You mean something like:

hessian(f, x, ::Type{Number}) # expect f to be scalar valued
hessian(f, x, ::Type{Vector}) # expect f to be vector valued

...or did you mean passing in types so that we can better distinguish method signatures with name conflicts (a la ForwardDiff.gradient vs. Calculus.gradient)?

Somewhat off-topic: Funny story, my initial API redesign for ForwardDiff passed all the config info via abstract types (chunk_size ---> ChunkSize{n} etc). Once a couple of options had been added, I tried to switch to keyword args so that users wouldn't have to remember complicated default arg ordering. That's when I found out that keyword arg type inference is wonky and settled on the current API + assertions in problem areas to help out inferencing.

[johnmyleswhite]

Yeah, that is what I had in mind. Stefan was also talking about the idea of passing the type of differentiation as a type to make things even more generic, but that does start to be a whole lot of types.

Keyword args do need another pass at their design from what I can see.

[cortner]

In our case, we would like to take 1st, 2nd and 3rd derivatives of a Hamiltonian matrix, i.e.
f(x::Vector) -> Matrix
More generally, all of the differentiation implemented to far are special cases of
f : d-tensor -> m-tensor
where each derivative increases the dimension of the output tensor.
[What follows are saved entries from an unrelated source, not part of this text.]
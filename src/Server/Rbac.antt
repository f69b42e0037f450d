-- ===== src/Server/Rbac.antt =====
-- server/rbac/rbac.go: the roles of callers, and the scopes that they may read.
use para_mcp.Prelude.{
  ℕ, ◌≡◌, refl, ◌∙◌, ap, Bool, false, ◌&&◌, ◌||◌, Option, none, some, List, [], ◌∷◌, arith, leb,
  keep, if◌then◌else◌, Bool-cases, inl, inr,
}
use para_mcp.Prelude.Text.{Text, dec_text, same, contains}
use para_mcp.Prelude.Assoc.{Assoc, get, put, has, keys, get-put}
use para_mcp.Domain.Entities.{ScopeId}
use para_mcp.Domain.Filter.{is_empty}

-- `auth.CallerIdentity`
abbrev pub Caller : Type 0
Caller = Text

pub data Role : Type 0 where
  viewer contributor lead admin : Role

-- the number of the constant
unfoldable pub rank : Role → ℕ
rank viewer = 0
rank contributor = 1
rank lead = 2
rank admin = 3

-- `ScopeGrant`
pub record Grant : Type 0 where
  pub identity : Caller
  pub scope : ScopeId
  pub role : Role

-- `Registry`
abbrev pub Grants : Type 0
Grants = Assoc Caller (Assoc ScopeId Role)

abbrev or_empty : Option (Assoc ScopeId Role) → Assoc ScopeId Role
or_empty none = []
or_empty (some m) = m

-- `r.grants[id]`; a missing identity reads the nil map
unfoldable pub grants_of : Caller → Grants → Assoc ScopeId Role
unfolding get
grants_of id r = or_empty (get dec_text id r)

-- `set`
unfoldable pub set : Grants → Grant → Grants
unfolding grants_of put
set r g = put dec_text g.identity (put dec_text g.scope g.role (grants_of g.identity r)) r

unfoldable pub load_from : Grants → List Grant → Grants
unfolding set
load_from r [] = r
load_from r (g ∷ gs) = load_from (set r g) gs

-- `Reload`, and `New` with `WithRoleLoader`
unfoldable pub reload : List Grant → Grants
unfolding load_from
reload gs = load_from [] gs

-- `AllowedScopes`
unfoldable pub allowed_scopes : Grants → Caller → List ScopeId → List ScopeId
unfolding grants_of
allowed_scopes r caller requested =
    let granted = grants_of caller r in
    if is_empty requested then keys granted else keep (λ s. has dec_text s granted) requested

-- the role that a caller has on a scope
unfoldable pub role_on : Grants → Caller → ScopeId → Option Role
unfolding grants_of get
role_on r caller scope = get dec_text scope (grants_of caller r)

abbrev reaches : Option Role → Role → Bool
reaches none least = false
reaches (some role) least = leb (rank least) (rank role)

-- `HasRole`
unfoldable pub has_role : Grants → Caller → ScopeId → Role → Bool
unfolding rank role_on
has_role r caller scope least = reaches (role_on r caller scope) least

-- The grant that counts: the last for the caller and the scope, or what was there before.
abbrev pub last_grant : Option Role → List Grant → Caller → ScopeId → Option Role
last_grant found [] caller scope = found
last_grant found (g ∷ gs) caller scope =
    last_grant (if same g.identity caller && same g.scope scope then some g.role else found) gs
      caller scope

role_on-set :
    (r : Grants) (g : Grant) (caller : Caller) (scope : ScopeId)
    → role_on (set r g) caller scope ≡ (
        if same g.identity caller && same g.scope scope
        then some g.role
        else role_on r caller scope)
unfolding role_on set grants_of
role_on-set r g caller scope = ground (
  arith,
  get-put dec_text g.identity caller (put dec_text g.scope g.role (grants_of g.identity r)) r,
  get-put dec_text g.scope scope g.role (grants_of g.identity r),
)

role_on-load_from :
    (r : Grants) (gs : List Grant) (caller : Caller) (scope : ScopeId)
    → role_on (load_from r gs) caller scope ≡ last_grant (role_on r caller scope) gs caller scope
unfolding load_from
role_on-load_from r [] caller scope = refl
role_on-load_from r (g ∷ gs) caller scope =
    role_on-load_from (set r g) gs caller scope
    ∙ ap (λ o. last_grant o gs caller scope) (role_on-set r g caller scope)

-- After a reload a caller has on a scope the role of the last grant for the two, and no role without
-- one: what was granted before is gone.
pub reload_lem :
    (gs : List Grant) (caller : Caller) (scope : ScopeId)
    → role_on (reload gs) caller scope ≡ last_grant none gs caller scope
unfolding reload role_on grants_of get
reload_lem gs caller scope = role_on-load_from [] gs caller scope

contains-keys : (s : ScopeId) (m : Assoc ScopeId Role) → contains s (keys m) ≡ has dec_text s m
unfolding contains get
contains-keys s [] = refl
contains-keys s (e ∷ m) = ground (arith, contains-keys s m)

contains-keep :
    (p : ScopeId → Bool) (s : ScopeId) (l : List ScopeId)
    → contains s (keep p l) ≡ (p s && contains s l)
unfolding contains
contains-keep p s [] = ground arith
contains-keep p s (x ∷ l) = ground (arith, contains-keep p s l)

-- A caller may read a scope exactly where some role is granted there and the scope is among those
-- asked for, all being asked for by an empty list.
pub allowed_scopes_iff :
    (r : Grants) (caller : Caller) (requested : List ScopeId) (scope : ScopeId)
    → contains scope (allowed_scopes r caller requested)
      ≡ (has_role r caller scope viewer && (is_empty requested || contains scope requested))
unfolding allowed_scopes has_role role_on rank
allowed_scopes_iff r caller requested scope =
    let granted = grants_of caller r in
    elim (Bool-cases (is_empty requested)) [
      | inl e ↦ rw e (contains-keys scope granted ∙ ground arith)
      | inr e ↦ rw e (contains-keep (λ s. has dec_text s granted) scope requested ∙ ground arith)
    ]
Bearing in mind that I have zero experience with AD, I wonder can a general abstract setting like this be implemented and gradient, hessian, jacobian, etc just become special cases?

Christoph

[shabbychef]

One way to implement the multivariate case is to represent the derivative simply as a matrix, with rows equal to the total number of elements in the dependent variable, and columns equal to the number of elements in the independent variable (so called 'numerator layout'). The user (or intermediary code) has to interpret this when needed in terms of the original dimensionality of the independent and dependent variables, but it is not too much of a pain. This does not, I think, get you much towards computing higher order derivatives. In this scheme the second derivative would be represented as 3-dimensional array, not taking advantage of the symmetry in the second and third dimensions.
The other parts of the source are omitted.